**About this exercise:** Below is a listing. Set down exactly the lines from the one containing "or_create key made (some c, p) = ok (c, p)" through the one containing "close_session now s", both ends included, and leave out the rest.

**Given data:**
-- ===== src/Http/Curl/Pool.antt =====
-- `CurlConnectionPool` of sdk/core/azure-core/src/http/curl/curl.cpp and curl_connection_pool_private.hpp: the
-- connections that are kept for the next request. What is done under `ConnectionPoolMutex` is one
-- operation; times are in milliseconds of the steady clock, and `H` is a handle of libcurl.
pub mod Rounds
pub mod Invariant
pub mod Cleaning
pub mod Index
pub mod Reuse
pub mod Steps
mod Tests
use azure_sdk_for_cpp.Base.{
  ℕ, ◌≡◌, ◌+◌, ◌-◌, ◌*◌, Bool, true, false, ◌&&◌, ◌||◌, List, [], ◌∷◌, ◌++◌, Option, none, some,
  ltb, leb, ◌==◌, if◌then◌else◌, Bytes, codes, is_empty, Result, ok, err, ◌>>=◌,
}
use azure_sdk_for_cpp.Dict.{find, assign, erase}
use azure_sdk_for_cpp.Http.Curl.Session.{CurlSession, is_eof}

-- `CurlTransportOptions`, with `NoRevoke` of its SSL options.
pub record CurlTransportOptions : Type 0 where
  pub proxy : Bytes
  pub ca_info : Bytes
  pub no_revoke : Bool
  pub ssl_verify_peer : Bool
  pub http_keep_alive : Bool

abbrev text_or_zero : Bytes → Bytes
text_or_zero s = if is_empty s then codes "0" else s

abbrev digit_of : Bool → Bytes
digit_of b = if b then codes "1" else codes "0"

unfoldable pub get_connection_key : Bytes → CurlTransportOptions → Bytes
get_connection_key host o =
    host
    ++ (text_or_zero o.ca_info
        ++ (text_or_zero o.proxy ++ (digit_of o.no_revoke ++ digit_of o.ssl_verify_peer)))

pub record CurlConnection (H : Type 0) : Type 0 where
  pub handle : H
  pub connection_key : Bytes
  pub last_use_time : ℕ

-- `c_DefaultConnectionExpiredMilliseconds`
abbrev pub expired_milliseconds : ℕ
expired_milliseconds = 1000 * 60

-- The threads of `CleanUp` that run are counted, beside `s_isCleanConnectionsRunning`.
pub record CurlConnectionPool (H : Type 0) : Type 0 where
  pub connection_pool_index : List (Bytes × List (CurlConnection H))
  pub connection_counter : ℕ
  pub is_clean_connections_running : Bool
  pub cleaners : ℕ

-- The same elements from the last to the first, before others.
unfoldable pub reverse_onto {ℓ} : {A : Type ℓ} → List A → List A → List A
reverse_onto [] ys = ys
reverse_onto (x ∷ xs) ys = reverse_onto xs (x ∷ ys)

module _ {H : Type 0} where
  unfoldable pub is_expired : ℕ → CurlConnection H → Bool
  is_expired now c = leb expired_milliseconds (now - c.last_use_time)

  -- What is left under the key, of which the index is removed if that is nothing.
  unfoldable pub leave :
      Bytes
      → List (CurlConnection H)
      → List (Bytes × List (CurlConnection H))
      → List (Bytes × List (CurlConnection H))
  leave key [] m = erase key m
  leave key (c ∷ cs) m = assign key (c ∷ cs) m

  -- The first connection of the list that was found, if it has one.
  unfoldable pub pick :
      Bytes
      → CurlConnectionPool H
      → Option (List (CurlConnection H))
      → Option (CurlConnection H) × CurlConnectionPool H
  pick key p none = (none, p)
  pick key p (some []) = (none, p)
  pick key p (some (c ∷ cs)) = (
    some c,
    record p {
      connection_pool_index = leave key cs p.connection_pool_index;
      connection_counter = p.connection_counter - 1;
    },
  )

  -- The critical section of `GetCurlConnection`.
  unfoldable pub take_connection :
      Bytes → CurlConnectionPool H → Option (CurlConnection H) × CurlConnectionPool H
  take_connection key p = pick key p (find key p.connection_pool_index)

  abbrev pub or_create :
      {E : Type 0}
      → Bytes
      → Result E H
      → Option (CurlConnection H) × CurlConnectionPool H
      → Result E (CurlConnection H × CurlConnectionPool H)
  or_create key made (some c, p) = ok (c, p)
  or_create key made (none, p) = do
    h ← made
    ok (record { handle = h; connection_key = key; last_use_time = 0 }, p)

  -- `create` opens a connection with libcurl.
  unfoldable pub get_curl_connection :
      {E : Type 0}
      → (Bytes → CurlTransportOptions → Result E H)
      → Bytes
      → CurlTransportOptions
      → CurlConnectionPool H
      → Result E (CurlConnection H × CurlConnectionPool H)
  get_curl_connection create host o p =
      let key = get_connection_key host o in or_create key (create host o) (take_connection key p)

  abbrev pub list_or_empty : Option (List (CurlConnection H)) → List (CurlConnection H)
  list_or_empty none = []
  list_or_empty (some cs) = cs

  -- `ConnectionPoolIndex[key]`, as it is read.
  unfoldable pub connections_of : Bytes → CurlConnectionPool H → List (CurlConnection H)
  connections_of key p = list_or_empty (find key p.connection_pool_index)

  -- The call of `CleanUp`, where no cleaner runs.
  unfoldable pub start_cleaner : CurlConnectionPool H → CurlConnectionPool H
  start_cleaner p =
      if p.is_clean_connections_running
      then p
      else record p { is_clean_connections_running = true; cleaners = p.cleaners + 1 }

  unfoldable pub move_connection_back_to_pool :
      ℕ → CurlConnection H → ℕ → CurlConnectionPool H → CurlConnectionPool H
  move_connection_back_to_pool now c code p =
      if ltb code 200 || leb 300 code
      then p
      else start_cleaner (record p {
        connection_pool_index =
            assign c.connection_key
              (record c { last_use_time = now } ∷ connections_of c.connection_key p)
              p.connection_pool_index;
        connection_counter = p.connection_counter + 1;
      })

  -- The destructor of `CurlSession`. A connection that is not kept is closed.
  unfoldable pub close_session :
      ℕ → CurlSession → Bool → CurlConnection H → ℕ → CurlConnectionPool H → CurlConnectionPool H
  close_session now s keep_alive c code p =
      if is_eof s && keep_alive then move_connection_back_to_pool now c code p else p

  -- The loop over the connections of one key, of which the list is in reverse order.
  unfoldable pub clean_back : ℕ → ℕ → List (CurlConnection H) → List (CurlConnection H) × ℕ
  clean_back now counter [] = ([], counter)
  clean_back now counter (c ∷ cs) =
      let rest = clean_back now (counter - 1) cs in
      if is_expired now c then rest else (c ∷ cs, counter)

  unfoldable pub clean_list : ℕ → ℕ → List (CurlConnection H) → List (CurlConnection H) × ℕ
  clean_list now counter cs =
      let (kept, left) = clean_back now counter (reverse_onto cs []) in (reverse_onto kept [], left)

  unfoldable pub clean_index :
      ℕ → ℕ → List (Bytes × List (CurlConnection H)) → List (Bytes × List (CurlConnection H)) × ℕ
  clean_index now counter [] = ([], counter)
  clean_index now counter ((key, cs) ∷ m) =
      let (kept, left) = clean_list now counter cs in
      let (index, remaining) = clean_index now left m in ((key, kept) ∷ index, remaining)

  -- What the thread of `CleanUp` does each time it wakes up.
  unfoldable pub clean_up_round : ℕ → CurlConnectionPool H → CurlConnectionPool H
  clean_up_round now p =
      if p.connection_counter == 0
      then record p { is_clean_connections_running = false; cleaners = p.cleaners - 1 }
      else let (index, remaining) = clean_index now p.connection_counter p.connection_pool_index in
        record p { connection_pool_index = index; connection_counter = remaining }

  -- What the threads of the program do to the pool, at a time, one after another.
  pub data Step : ℕ × CurlConnectionPool H → ℕ × CurlConnectionPool H → Type 0 where
    wait : {now : ℕ} {p : CurlConnectionPool H} (time : ℕ) → Step (now, p) (now + time, p)
    get :
        {now : ℕ} {p : CurlConnectionPool H} (key : Bytes)
        → Step (now, p) (now, (take_connection key p).1)
    put :
        {now : ℕ} {p : CurlConnectionPool H} (c : CurlConnection H) (code : ℕ)
        → Step (now, p) (now, move_connection_back_to_pool now c code p)
    clean :
        {now : ℕ} {p : CurlConnectionPool H}
        → (p.cleaners == 0) ≡ false
        → Step (now, p) (now, clean_up_round now p)

  abbrev pub empty_pool : CurlConnectionPool H
  empty_pool = record {
    connection_pool_index = [];
    connection_counter = 0;
    is_clean_connections_running = false;
    cleaners = 0;
  }

  pub data Reachable : ℕ × CurlConnectionPool H → Type 0 where
    start : {now : ℕ} → Reachable (now, empty_pool)
    after : {x y : ℕ × CurlConnectionPool H} → Reachable x → Step x y → Reachable y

**Result below:**
  or_create key made (some c, p) = ok (c, p)
  or_create key made (none, p) = do
    h ← made
    ok (record { handle = h; connection_key = key; last_use_time = 0 }, p)

  -- `create` opens a connection with libcurl.
  unfoldable pub get_curl_connection :
      {E : Type 0}
      → (Bytes → CurlTransportOptions → Result E H)
      → Bytes
      → CurlTransportOptions
      → CurlConnectionPool H
      → Result E (CurlConnection H × CurlConnectionPool H)
  get_curl_connection create host o p =
      let key = get_connection_key host o in or_create key (create host o) (take_connection key p)

  abbrev pub list_or_empty : Option (List (CurlConnection H)) → List (CurlConnection H)
  list_or_empty none = []
  list_or_empty (some cs) = cs

  -- `ConnectionPoolIndex[key]`, as it is read.
  unfoldable pub connections_of : Bytes → CurlConnectionPool H → List (CurlConnection H)
  connections_of key p = list_or_empty (find key p.connection_pool_index)

  -- The call of `CleanUp`, where no cleaner runs.
  unfoldable pub start_cleaner : CurlConnectionPool H → CurlConnectionPool H
  start_cleaner p =
      if p.is_clean_connections_running
      then p
      else record p { is_clean_connections_running = true; cleaners = p.cleaners + 1 }

  unfoldable pub move_connection_back_to_pool :
      ℕ → CurlConnection H → ℕ → CurlConnectionPool H → CurlConnectionPool H
  move_connection_back_to_pool now c code p =
      if ltb code 200 || leb 300 code
      then p
      else start_cleaner (record p {
        connection_pool_index =
            assign c.connection_key
              (record c { last_use_time = now } ∷ connections_of c.connection_key p)
              p.connection_pool_index;
        connection_counter = p.connection_counter + 1;
      })

  -- The destructor of `CurlSession`. A connection that is not kept is closed.
  unfoldable pub close_session :
      ℕ → CurlSession → Bool → CurlConnection H → ℕ → CurlConnectionPool H → CurlConnectionPool H
  close_session now s keep_alive c code p =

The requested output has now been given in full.